DATA Block Start
-- ===== src/Workflow/Resume/Tests.antt =====
-- .opencode/plugins/uf-workflow/index.ts: the detection of the step to resume from, on examples.
use complytime_providers.Prelude.{refl, Text, txt, true, none, some, [], ◌∷◌, Runtime, ok, text_leb}
use complytime_providers.Workflow.Names.{collapse_dots, dash_slashes, is_safe}
use complytime_providers.Workflow.Progress.State.{ProgressState}
use complytime_providers.Workflow.Progress.Disk.{Disk, Node, file}
use complytime_providers.Workflow.Resume.Artifacts.{
  ArtifactSummary, Envelope, names, most_recent_artifact,
}
use complytime_providers.Workflow.Resume.Probes.{yes}
use complytime_providers.Workflow.Resume.Detect.{quick, DetectResumeData}
use complytime_providers.Workflow.Resume.Tool.{World, detected_data, detect_resume}
use complytime_providers.Workflow.Resume.Reviewed.{IsReviewed, detect_resume-IsReviewed}
use complytime_providers.Workflow.Resume.Newest.{IsChosen, most_recent_artifact-IsChosen}

abbrev ascii : Runtime
ascii = record {
  lower = λ s. s;
  nfc = λ s. s;
  locale_leb = text_leb;
  date_parse = λ s. some 5;
  stringify = λ s. s;
}

abbrev quick_branch : Text
quick_branch = txt "quick-fix"

abbrev head_commit : Text
head_commit = txt "abc123"

abbrev gated : ProgressState Text
gated = record {
  command = txt "uf.unleash";
  branch = quick_branch;
  key = quick_branch;
  current_step = txt "quick-pre-flight";
  completed_steps = txt "implement" ∷ txt "quick-pre-flight" ∷ [];
  data_fields = [];
  phases = none;
  created_at = txt "1";
  updated_at = txt "2";
}

-- A codec for this state only, on a file system on which no call throws.
abbrev gated_node : Node Text
gated_node = record {
  stringify_state = λ state. txt "{}";
  parse_state = λ text. ok gated;
  parse_data = λ text. ok [];
  folder_error = λ disk path. none;
  write_error = λ disk path. none;
  remove_error = λ disk path. none;
  read_folder_error = txt "EISDIR";
}

abbrev approval : Envelope
approval = record {
  artifact_type = some (txt "review-dispatch");
  mode = some (txt "code");
  verdict = some (txt "APPROVE");
  branch = some quick_branch;
  head_sha = some head_commit;
  timestamp = some (txt "today");
}

abbrev approved : ArtifactSummary
approved = record {
  source = txt "a.json";
  mode = txt "code";
  branch = quick_branch;
  head_sha = head_commit;
  verdict = txt "APPROVE";
  written_at = 5;
}

abbrev reviewed_world : World Text
reviewed_world = record {
  runtime = ascii;
  decode_utf8 = λ bytes. bytes;
  git = record {
    branch = ok quick_branch;
    head_sha = ok head_commit;
    merge_base = λ a b. yes;
    status = λ folder. ok [];
  };
  store = record { listing = names (txt "a.json" ∷ []); read_json = λ name. some approval };
  node = gated_node;
  cwd = txt "srv" ∷ [];
  now = txt "3";
  encode = λ tier folder step complete. [];
}

abbrev gated_disk : Disk
gated_disk path = file (txt "{}")

abbrev all_done : DetectResumeData
all_done =
    detected_data reviewed_world quick none gated.completed_steps head_commit (some approved) true

detect_resume-IsReviewed_example : IsReviewed reviewed_world
unfolding detect_resume detected_data txt collapse_dots dash_slashes is_safe
detect_resume-IsReviewed_example =
    detect_resume-IsReviewed reviewed_world gated_disk quick none all_done
      (detect_resume reviewed_world gated_disk quick none).1 refl refl

most_recent_artifact-IsChosen_example :
    IsChosen
      (txt "code")
      quick_branch
      (approved ∷ [])
      (most_recent_artifact (approved ∷ []) (txt "code") quick_branch)
most_recent_artifact-IsChosen_example =
    most_recent_artifact-IsChosen (approved ∷ []) (txt "code") quick_branch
DATA Block End
(DESCRIPTION OF THE TASK):
Only those lines running from the one containing "written_at = 5;" through the last line of the data above are to be copied, exactly, with both ends included.

(RESPONSE BOX):
  written_at = 5;
}

abbrev reviewed_world : World Text
reviewed_world = record {
  runtime = ascii;
  decode_utf8 = λ bytes. bytes;
  git = record {
    branch = ok quick_branch;
    head_sha = ok head_commit;
    merge_base = λ a b. yes;
    status = λ folder. ok [];
  };
  store = record { listing = names (txt "a.json" ∷ []); read_json = λ name. some approval };
  node = gated_node;
  cwd = txt "srv" ∷ [];
  now = txt "3";
  encode = λ tier folder step complete. [];
}

abbrev gated_disk : Disk
gated_disk path = file (txt "{}")

abbrev all_done : DetectResumeData
all_done =
    detected_data reviewed_world quick none gated.completed_steps head_commit (some approved) true

detect_resume-IsReviewed_example : IsReviewed reviewed_world
unfolding detect_resume detected_data txt collapse_dots dash_slashes is_safe
detect_resume-IsReviewed_example =
    detect_resume-IsReviewed reviewed_world gated_disk quick none all_done
      (detect_resume reviewed_world gated_disk quick none).1 refl refl

most_recent_artifact-IsChosen_example :
    IsChosen
      (txt "code")
      quick_branch
      (approved ∷ [])
      (most_recent_artifact (approved ∷ []) (txt "code") quick_branch)
most_recent_artifact-IsChosen_example =
    most_recent_artifact-IsChosen (approved ∷ []) (txt "code") quick_branch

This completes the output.